QoQ, top-line saw an 11% improvement to RM104m as restrictions eased in the middle of 4Q. We believe revenue/outlet improved 11% to RM0.8m. EBIT was in the red as Opex jumped >100% to RM32m which we believe stemmed from A&P and labor expenses as MyNEWS prepares for opening of its CU outlets from October onwards which led to LATAMI falling 40% to RM9m.
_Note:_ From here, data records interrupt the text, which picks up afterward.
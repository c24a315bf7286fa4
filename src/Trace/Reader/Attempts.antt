-- ===== src/Trace/Reader/Attempts.antt =====
-- Proofs on `read_latest_attempt` (trace/src/orxtra/trace/_memory_backend.py).
use orxtra.Prelude.{
  ℕ, ◌≤◌, ◌≡◌, refl, sym, ◌∙◌, inl, inr, Bool, true, false, Option, none, some, List, [], ◌∷◌,
  arith, ◌==◌, nat_eq, ltb, All, filter, find, find-filter, count, length, length-filter,
  if◌then◌else◌, Bool-cases, subst, ap,
}
use orxtra.Prelude.Dict.{values}
use orxtra.Trace.Rows.{Uuid, TaskAttempt}
use orxtra.Trace.Store.{Store}
use orxtra.Trace.Reader.{
  is_attempt_of, max_attempt, best_attempt, read_latest_attempt, read_task_attempt,
}

abbrev numbered : ℕ → TaskAttempt → Bool
numbered n a = a.attempt == n

-- `m` is a largest attempt of `best ∷ xs`, and the first of its number.
abbrev IsFirstMax : TaskAttempt → List TaskAttempt → TaskAttempt → Type 0
IsFirstMax best xs m =
    (best.attempt ≤ m.attempt)
    × All (λ (x : TaskAttempt). x.attempt ≤ m.attempt) xs
    × (find (numbered m.attempt) (best ∷ xs) ≡ some m)

first_larger :
    (best a m : TaskAttempt) (xs : List TaskAttempt)
    → ltb best.attempt a.attempt ≡ true
    → IsFirstMax a xs m
    → IsFirstMax best (a ∷ xs) m
first_larger best a m xs larger h = (ground arith, (h.0, h.1), ground (arith, h.0, h.2))

first_smaller :
    (best a m : TaskAttempt) (xs : List TaskAttempt)
    → ltb best.attempt a.attempt ≡ false
    → IsFirstMax best xs m
    → IsFirstMax best (a ∷ xs) m
first_smaller best a m xs smaller h = (h.0, (ground arith, h.1), ground (arith, h.0, h.2))

max_attempt-IsFirstMax :
    (best : TaskAttempt) (xs : List TaskAttempt) → IsFirstMax best xs (max_attempt best xs)
unfolding max_attempt
max_attempt-IsFirstMax best [] = (omega arith, tt, ground arith)
max_attempt-IsFirstMax best (a ∷ rest) = elim (Bool-cases (ltb best.attempt a.attempt)) [
  | inl larger ↦
      subst (λ c. IsFirstMax best (a ∷ rest) (max_attempt (if c then a else best) rest))
        (sym larger)
        (first_larger best a (max_attempt a rest) rest larger (max_attempt-IsFirstMax a rest))
  | inr smaller ↦
      subst (λ c. IsFirstMax best (a ∷ rest) (max_attempt (if c then a else best) rest))
        (sym smaller)
        (first_smaller best a (max_attempt best rest) rest smaller
          (max_attempt-IsFirstMax best rest))
]

-- The possible answers of `read_latest_attempt`: no attempt is of the task, or the answer's number is
-- the largest among the attempts of the task and `read_task_attempt` finds it under that number.
abbrev pub IsLatest : Uuid → Store → Option TaskAttempt → Type 0
IsLatest task_id s none = count (is_attempt_of task_id) (values s.task_attempts) ≡ 0
IsLatest task_id s (some a) =
    (read_task_attempt task_id a.attempt s ≡ some a)
    × All (λ (x : TaskAttempt). x.attempt ≤ a.attempt)
        (filter (is_attempt_of task_id) (values s.task_attempts))

IsLatest-of :
    (task_id : Uuid) (s : Store) (xs : List TaskAttempt)
    → filter (is_attempt_of task_id) (values s.task_attempts) ≡ xs
    → IsLatest task_id s (best_attempt xs)
unfolding best_attempt read_task_attempt
IsLatest-of task_id s [] same =
    (sym (length-filter (is_attempt_of task_id) (values s.task_attempts)) ∙ ap length same)
IsLatest-of task_id s (a ∷ rest) same =
    let m = max_attempt a rest in
    let best = max_attempt-IsFirstMax a rest in
    (
      find-filter (numbered m.attempt) (is_attempt_of task_id) (values s.task_attempts)
          ∙ ap (find (numbered m.attempt)) same
          ∙ best.2,
      subst (All (λ (x : TaskAttempt). x.attempt ≤ m.attempt)) (sym same) (best.0, best.1),
    )

-- `read_latest_attempt` returns nothing when the task has no attempt, and otherwise an attempt of the
-- task with the largest number, the one that `read_task_attempt` finds under that number.
read_latest_attempt_lem :
    (task_id : Uuid) (s : Store) → IsLatest task_id s (read_latest_attempt task_id s)
unfolding read_latest_attempt
read_latest_attempt_lem task_id s =
    IsLatest-of task_id s (filter (is_attempt_of task_id) (values s.task_attempts)) refl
Outlets expansion might be a drag. The easing of restrictions in the Klang valley and nationwide as the country moves into Phase 4 of the National Recovery Phase bode well for MYNEWS as it looks to speed up the opening of more CU stores, looking on track to achieve 50 CU outlets by CY21 (from 4 in Sep 2021). Moving ahead MyNEWS is targeting c.200 stores (CU and MyNEWS) for FY22. However, we see risks ahead in achieving this target arising from funding challenges due to its weak cash flows. Given the potentially slow progress of opening new CU stores, achieving a breakeven rate (70%) for its FPC (currently at c.35-40%) might take longer than expected.

Post results, we revised our FY22E PATAMI to RM20m (from RM16m previously) on account of: (i) improved margins (by 50bps), (ii) net addition of stores of 130 (vs. 80 previously), and (iii) average sales growth of 25% (vs 35% previously). We also introduce our FY23E earnings.

Call upgraded. In tandem with the revised earnings, our TP is raised to RM1.00 from (RM0.90) based on a PER of 34x (3-year mean with an attached -1SD). We feel this justified given the challenges of funding ahead. However, given the weakness in its share price recently, our call is revised to OUTPERFORM.